Activity: If a line in the data holds "Bool", copy that line out in full.

Excerpts from a dataset
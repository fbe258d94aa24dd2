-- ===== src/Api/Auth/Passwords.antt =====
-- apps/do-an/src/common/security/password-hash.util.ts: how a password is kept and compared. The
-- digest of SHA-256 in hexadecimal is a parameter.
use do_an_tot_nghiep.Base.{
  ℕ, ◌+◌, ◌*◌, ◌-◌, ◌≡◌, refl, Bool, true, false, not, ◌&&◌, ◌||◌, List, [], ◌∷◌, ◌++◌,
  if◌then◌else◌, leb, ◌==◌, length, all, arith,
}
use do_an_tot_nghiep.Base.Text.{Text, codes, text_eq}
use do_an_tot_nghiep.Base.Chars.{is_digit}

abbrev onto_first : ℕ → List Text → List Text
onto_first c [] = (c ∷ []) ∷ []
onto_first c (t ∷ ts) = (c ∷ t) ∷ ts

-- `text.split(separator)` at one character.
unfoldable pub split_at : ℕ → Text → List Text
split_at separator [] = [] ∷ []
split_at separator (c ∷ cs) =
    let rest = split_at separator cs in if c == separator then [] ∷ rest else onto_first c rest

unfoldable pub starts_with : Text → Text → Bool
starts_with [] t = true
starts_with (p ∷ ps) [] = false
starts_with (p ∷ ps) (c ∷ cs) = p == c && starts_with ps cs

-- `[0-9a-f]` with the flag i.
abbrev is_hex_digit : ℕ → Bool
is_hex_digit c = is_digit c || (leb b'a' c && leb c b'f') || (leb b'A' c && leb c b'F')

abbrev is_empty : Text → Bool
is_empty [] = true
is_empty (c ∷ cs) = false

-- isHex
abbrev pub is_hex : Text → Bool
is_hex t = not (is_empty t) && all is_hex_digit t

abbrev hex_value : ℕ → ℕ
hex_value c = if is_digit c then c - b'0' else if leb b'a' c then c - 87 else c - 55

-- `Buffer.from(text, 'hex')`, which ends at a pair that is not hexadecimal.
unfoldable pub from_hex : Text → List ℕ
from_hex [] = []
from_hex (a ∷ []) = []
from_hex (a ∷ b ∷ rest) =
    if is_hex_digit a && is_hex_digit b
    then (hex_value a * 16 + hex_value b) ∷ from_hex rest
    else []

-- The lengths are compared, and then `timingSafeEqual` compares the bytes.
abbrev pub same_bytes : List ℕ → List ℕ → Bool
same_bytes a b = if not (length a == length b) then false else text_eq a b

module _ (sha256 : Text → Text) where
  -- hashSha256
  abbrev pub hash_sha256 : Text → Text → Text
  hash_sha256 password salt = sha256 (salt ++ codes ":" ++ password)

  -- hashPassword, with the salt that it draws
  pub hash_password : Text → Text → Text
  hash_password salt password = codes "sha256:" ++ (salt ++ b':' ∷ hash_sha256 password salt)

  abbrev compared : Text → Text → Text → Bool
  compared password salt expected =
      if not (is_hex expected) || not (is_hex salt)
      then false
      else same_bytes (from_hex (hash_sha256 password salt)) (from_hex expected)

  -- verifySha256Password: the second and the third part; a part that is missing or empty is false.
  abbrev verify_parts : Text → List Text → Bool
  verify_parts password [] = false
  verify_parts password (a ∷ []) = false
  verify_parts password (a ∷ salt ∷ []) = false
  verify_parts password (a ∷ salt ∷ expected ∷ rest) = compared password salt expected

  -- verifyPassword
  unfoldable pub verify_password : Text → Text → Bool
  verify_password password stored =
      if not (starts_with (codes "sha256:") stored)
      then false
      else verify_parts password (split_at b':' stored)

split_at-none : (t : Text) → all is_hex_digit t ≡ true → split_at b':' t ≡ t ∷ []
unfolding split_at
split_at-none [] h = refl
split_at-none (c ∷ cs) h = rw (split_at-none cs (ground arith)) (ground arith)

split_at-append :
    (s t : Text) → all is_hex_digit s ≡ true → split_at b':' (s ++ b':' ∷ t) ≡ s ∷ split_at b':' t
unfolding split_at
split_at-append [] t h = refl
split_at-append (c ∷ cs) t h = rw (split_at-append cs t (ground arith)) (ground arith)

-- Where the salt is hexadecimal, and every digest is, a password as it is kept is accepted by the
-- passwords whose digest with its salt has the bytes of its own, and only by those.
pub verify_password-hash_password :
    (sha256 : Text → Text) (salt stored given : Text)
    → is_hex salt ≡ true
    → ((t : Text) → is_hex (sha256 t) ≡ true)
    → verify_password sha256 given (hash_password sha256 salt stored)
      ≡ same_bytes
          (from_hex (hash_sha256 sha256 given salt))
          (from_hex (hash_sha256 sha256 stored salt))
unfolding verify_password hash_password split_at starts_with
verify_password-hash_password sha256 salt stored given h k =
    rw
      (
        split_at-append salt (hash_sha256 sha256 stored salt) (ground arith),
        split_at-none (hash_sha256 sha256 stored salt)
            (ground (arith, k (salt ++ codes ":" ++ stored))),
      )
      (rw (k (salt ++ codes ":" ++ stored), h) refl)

Exercise solution:
  ℕ, ◌+◌, ◌*◌, ◌-◌, ◌≡◌, refl, Bool, true, false, not, ◌&&◌, ◌||◌, List, [], ◌∷◌, ◌++◌,
unfoldable pub starts_with : Text → Text → Bool
abbrev is_hex_digit : ℕ → Bool
abbrev is_empty : Text → Bool
abbrev pub is_hex : Text → Bool
abbrev pub same_bytes : List ℕ → List ℕ → Bool
  abbrev compared : Text → Text → Text → Bool
  abbrev verify_parts : Text → List Text → Bool
  unfoldable pub verify_password : Text → Text → Bool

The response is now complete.